> [WORK INSTRUCTION]
Copy out the entries below exactly as they stand, but only from the line containing "pub metadata : n.metadata ≡ m.metadata" through the line containing "Alike-trans (n ∷ ns) [] os a b = absurd a".

[Dataset entries]
################

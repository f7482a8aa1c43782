-- ===== src/Hnsw/Insert/Shape.antt =====
-- What a change of links leaves alone: the nodes, their vectors and their layers.
use mathlib.Core.Path.{subst}
use hybrid_vector_cache_hnsw.Common.{
  ℕ, zero, suc, ◌<◌, ◌≡◌, refl, sym, ap, ◌∙◌, ◌⊎◌, inl, inr, Option, some, List, [], ◌∷◌, arith,
  length, length-set, get_elem?, set,
}
use hybrid_vector_cache_hnsw.Heap.Items.{All, All-map}
use hybrid_vector_cache_hnsw.Hnsw.{Node, or_nil, get_links, set_links}
use hybrid_vector_cache_hnsw.Hnsw.Insert.{change}

-- Two nodes that differ in their links alone, and have the same layers.
pub record Same (n m : Node) : Type 0 where
  pub id : n.id ≡ m.id
  pub vector : n.vector ≡ m.vector
  pub metadata : n.metadata ≡ m.metadata
  pub deleted : n.deleted ≡ m.deleted
  pub layers : length n.links ≡ length m.links

abbrev pub Alike : List Node → List Node → Type 0
Alike [] [] = Unit {0}
Alike [] (m ∷ ms) = ⊥
Alike (n ∷ ns) [] = ⊥
Alike (n ∷ ns) (m ∷ ms) = Same n m × Alike ns ms

pub Same-refl : (n : Node) → Same n n
Same-refl n = record { id = refl; vector = refl; metadata = refl; deleted = refl; layers = refl }

Same-sym : (n m : Node) → Same n m → Same m n
Same-sym n m s = record {
  id = sym s.id;
  vector = sym s.vector;
  metadata = sym s.metadata;
  deleted = sym s.deleted;
  layers = sym s.layers;
}

Same-trans : (n m o : Node) → Same n m → Same m o → Same n o
Same-trans n m o s t = record {
  id = s.id ∙ t.id;
  vector = s.vector ∙ t.vector;
  metadata = s.metadata ∙ t.metadata;
  deleted = s.deleted ∙ t.deleted;
  layers = s.layers ∙ t.layers;
}

pub Alike-refl : (ns : List Node) → Alike ns ns
Alike-refl [] = tt
Alike-refl (n ∷ ns) = (Same-refl n, Alike-refl ns)

pub Alike-sym : (ns ms : List Node) → Alike ns ms → Alike ms ns
Alike-sym [] [] a = tt
Alike-sym [] (m ∷ ms) a = a
Alike-sym (n ∷ ns) [] a = a
Alike-sym (n ∷ ns) (m ∷ ms) a = (Same-sym n m a.0, Alike-sym ns ms a.1)

pub Alike-trans : (ns ms os : List Node) → Alike ns ms → Alike ms os → Alike ns os
Alike-trans [] [] os a b = b
Alike-trans [] (m ∷ ms) os a b = absurd a
Alike-trans (n ∷ ns) [] os a b = absurd a
Alike-trans (n ∷ ns) (m ∷ ms) [] a b = b
Alike-trans (n ∷ ns) (m ∷ ms) (o ∷ os) a b =
    (Same-trans n m o a.0 b.0, Alike-trans ns ms os a.1 b.1)

pub Alike-get :
    (ns ms : List Node) (i : ℕ) (n : Node)
    → Alike ns ms
    → get_elem? ns i ≡ some n
    → (m : Node) × (get_elem? ms i ≡ some m) × Same n m
Alike-get [] ms i n a e = cc
Alike-get (x ∷ ns) [] i n a e = absurd a
Alike-get (x ∷ ns) (m ∷ ms) zero n a e =
    let same : x ≡ n = cc in (m, refl, subst (λ (y : Node). Same y m) same a.0)
Alike-get (x ∷ ns) (m ∷ ms) (suc i) n a e = Alike-get ns ms i n a.1 e

pub length-Alike : (ns ms : List Node) → Alike ns ms → length ns ≡ length ms
length-Alike [] [] a = refl
length-Alike [] (m ∷ ms) a = absurd a
length-Alike (n ∷ ns) [] a = absurd a
length-Alike (n ∷ ns) (m ∷ ms) a = ap suc (length-Alike ns ms a.1)

-- A node with a layer.
pub record HasLayer (nodes : List Node) (l i : ℕ) : Type 0 where
  pub node : Node
  pub at : get_elem? nodes i ≡ some node
  pub deep : l < length node.links

pub Alike-HasLayer : (ns ms : List Node) (l i : ℕ) → Alike ns ms → HasLayer ns l i → HasLayer ms l i
Alike-HasLayer ns ms l i a h =
    let (m, at, same) = Alike-get ns ms i h.node a h.at in
    record { node = m; at = at; deep = omega (arith, h.deep, same.layers) }

-- Every link of a layer leads to a node that has the layer.
abbrev pub IsLinked : List Node → Type 0
IsLinked nodes =
    (l i : ℕ) (n : Node) → get_elem? nodes i ≡ some n → All (HasLayer nodes l) (get_links n l)

pub change-Alike :
    (nodes : List Node) (i : ℕ) (g : Node → Node)
    → ((n : Node) → Same n (g n))
    → Alike nodes (change nodes i g)
unfolding change
change-Alike [] i g s = tt
change-Alike (n ∷ ns) zero g s = (s n, Alike-refl ns)
change-Alike (n ∷ ns) (suc i) g s = (Same-refl n, change-Alike ns i g s)

pub Same-set_links : (l : ℕ) (ids : List ℕ) (n : Node) → Same n (set_links l ids n)
unfolding set_links
Same-set_links l ids n = record {
  id = refl;
  vector = refl;
  metadata = refl;
  deleted = refl;
  layers = sym (length-set n.links l ids);
}

-- A read behind a change gives what was there, or the changed node.
pub get_elem?-change :
    (nodes : List Node) (a i : ℕ) (g : Node → Node)
    → (get_elem? (change nodes a g) i ≡ get_elem? nodes i)
      ⊎ ((n : Node) × (a ≡ i)
          × (get_elem? nodes i ≡ some n)
          × (get_elem? (change nodes a g) i ≡ some (g n)))
unfolding change
get_elem?-change [] a i g = inl refl
get_elem?-change (n ∷ ns) zero zero g = inr (n, refl, refl, refl)
get_elem?-change (n ∷ ns) zero (suc i) g = inl refl
get_elem?-change (n ∷ ns) (suc a) zero g = inl refl
get_elem?-change (n ∷ ns) (suc a) (suc i) g = elim (get_elem?-change ns a i g) [
  | inl e ↦ inl e
  | inr (m, e, at, at') ↦ inr (m, ap suc e, at, at')
]

get_elem?-set {ℓ} :
    {A : Type ℓ} (xs : List A) (i j : ℕ) (v : A)
    → (get_elem? (set xs i v) j ≡ get_elem? xs j) ⊎ ((i ≡ j) × (get_elem? (set xs i v) j ≡ some v))
get_elem?-set [] i j v = inl refl
get_elem?-set (x ∷ xs) zero zero v = inr (refl, refl)
get_elem?-set (x ∷ xs) zero (suc j) v = inl refl
get_elem?-set (x ∷ xs) (suc i) zero v = inl refl
get_elem?-set (x ∷ xs) (suc i) (suc j) v = elim (get_elem?-set xs i j v) [
  | inl e ↦ inl e
  | inr (e, at) ↦ inr (ap suc e, at)
]

get_links-set_links :
    (P : ℕ → Type 0) (l k : ℕ) (ids : List ℕ) (n : Node)
    → (l ≡ k → All P ids)
    → All P (get_links n k)
    → All P (get_links (set_links l ids n) k)
unfolding get_links set_links
get_links-set_links P l k ids n new old = elim (get_elem?-set n.links l k ids) [
  | inl e ↦ subst (λ (o : Option (List ℕ)). All P (or_nil o)) (sym e) old
  | inr (same, e) ↦ subst (λ (o : Option (List ℕ)). All P (or_nil o)) (sym e) (new same)
]

some_inj : {A : Type 0} {x y : A} → ◌≡◌ {A = Option A} (some x) (some y) → x ≡ y
some_inj e = cc

-- New links of a layer, to nodes that have it, keep the graph linked.
pub change-IsLinked :
    (nodes : List Node) (at l : ℕ) (ids : List ℕ)
    → IsLinked nodes
    → All (HasLayer nodes l) ids
    → IsLinked (change nodes at (set_links l ids))
change-IsLinked nodes at l ids linked a k i n e =
    let g = set_links l ids in
    let alike = change-Alike nodes at g (Same-set_links l ids) in
    let old : All (HasLayer nodes k) (get_links n k) = elim (get_elem?-change nodes at i g) [
      | inl same ↦ linked k i n (sym same ∙ e)
      | inr (m, here, was, is) ↦
          let same : g m ≡ n = some_inj (sym is ∙ e) in
          subst (λ (x : Node). All (HasLayer nodes k) (get_links x k)) same
            (get_links-set_links (HasLayer nodes k) l k ids m
              (λ layer. subst (λ j. All (HasLayer nodes j) ids) layer a) (linked k i m was))
    ] in
    All-map (HasLayer nodes k) (HasLayer (change nodes at g) k)
      (λ j. Alike-HasLayer nodes (change nodes at g) k j alike) (get_links n k) old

################

> [SOLUTION TO THE PROBLEM]
  pub metadata : n.metadata ≡ m.metadata
  pub deleted : n.deleted ≡ m.deleted
  pub layers : length n.links ≡ length m.links

abbrev pub Alike : List Node → List Node → Type 0
Alike [] [] = Unit {0}
Alike [] (m ∷ ms) = ⊥
Alike (n ∷ ns) [] = ⊥
Alike (n ∷ ns) (m ∷ ms) = Same n m × Alike ns ms

pub Same-refl : (n : Node) → Same n n
Same-refl n = record { id = refl; vector = refl; metadata = refl; deleted = refl; layers = refl }

Same-sym : (n m : Node) → Same n m → Same m n
Same-sym n m s = record {
  id = sym s.id;
  vector = sym s.vector;
  metadata = sym s.metadata;
  deleted = sym s.deleted;
  layers = sym s.layers;
}

Same-trans : (n m o : Node) → Same n m → Same m o → Same n o
Same-trans n m o s t = record {
  id = s.id ∙ t.id;
  vector = s.vector ∙ t.vector;
  metadata = s.metadata ∙ t.metadata;
  deleted = s.deleted ∙ t.deleted;
  layers = s.layers ∙ t.layers;
}

pub Alike-refl : (ns : List Node) → Alike ns ns
Alike-refl [] = tt
Alike-refl (n ∷ ns) = (Same-refl n, Alike-refl ns)

pub Alike-sym : (ns ms : List Node) → Alike ns ms → Alike ms ns
Alike-sym [] [] a = tt
Alike-sym [] (m ∷ ms) a = a
Alike-sym (n ∷ ns) [] a = a
Alike-sym (n ∷ ns) (m ∷ ms) a = (Same-sym n m a.0, Alike-sym ns ms a.1)

pub Alike-trans : (ns ms os : List Node) → Alike ns ms → Alike ms os → Alike ns os
Alike-trans [] [] os a b = b
Alike-trans [] (m ∷ ms) os a b = absurd a
Alike-trans (n ∷ ns) [] os a b = absurd a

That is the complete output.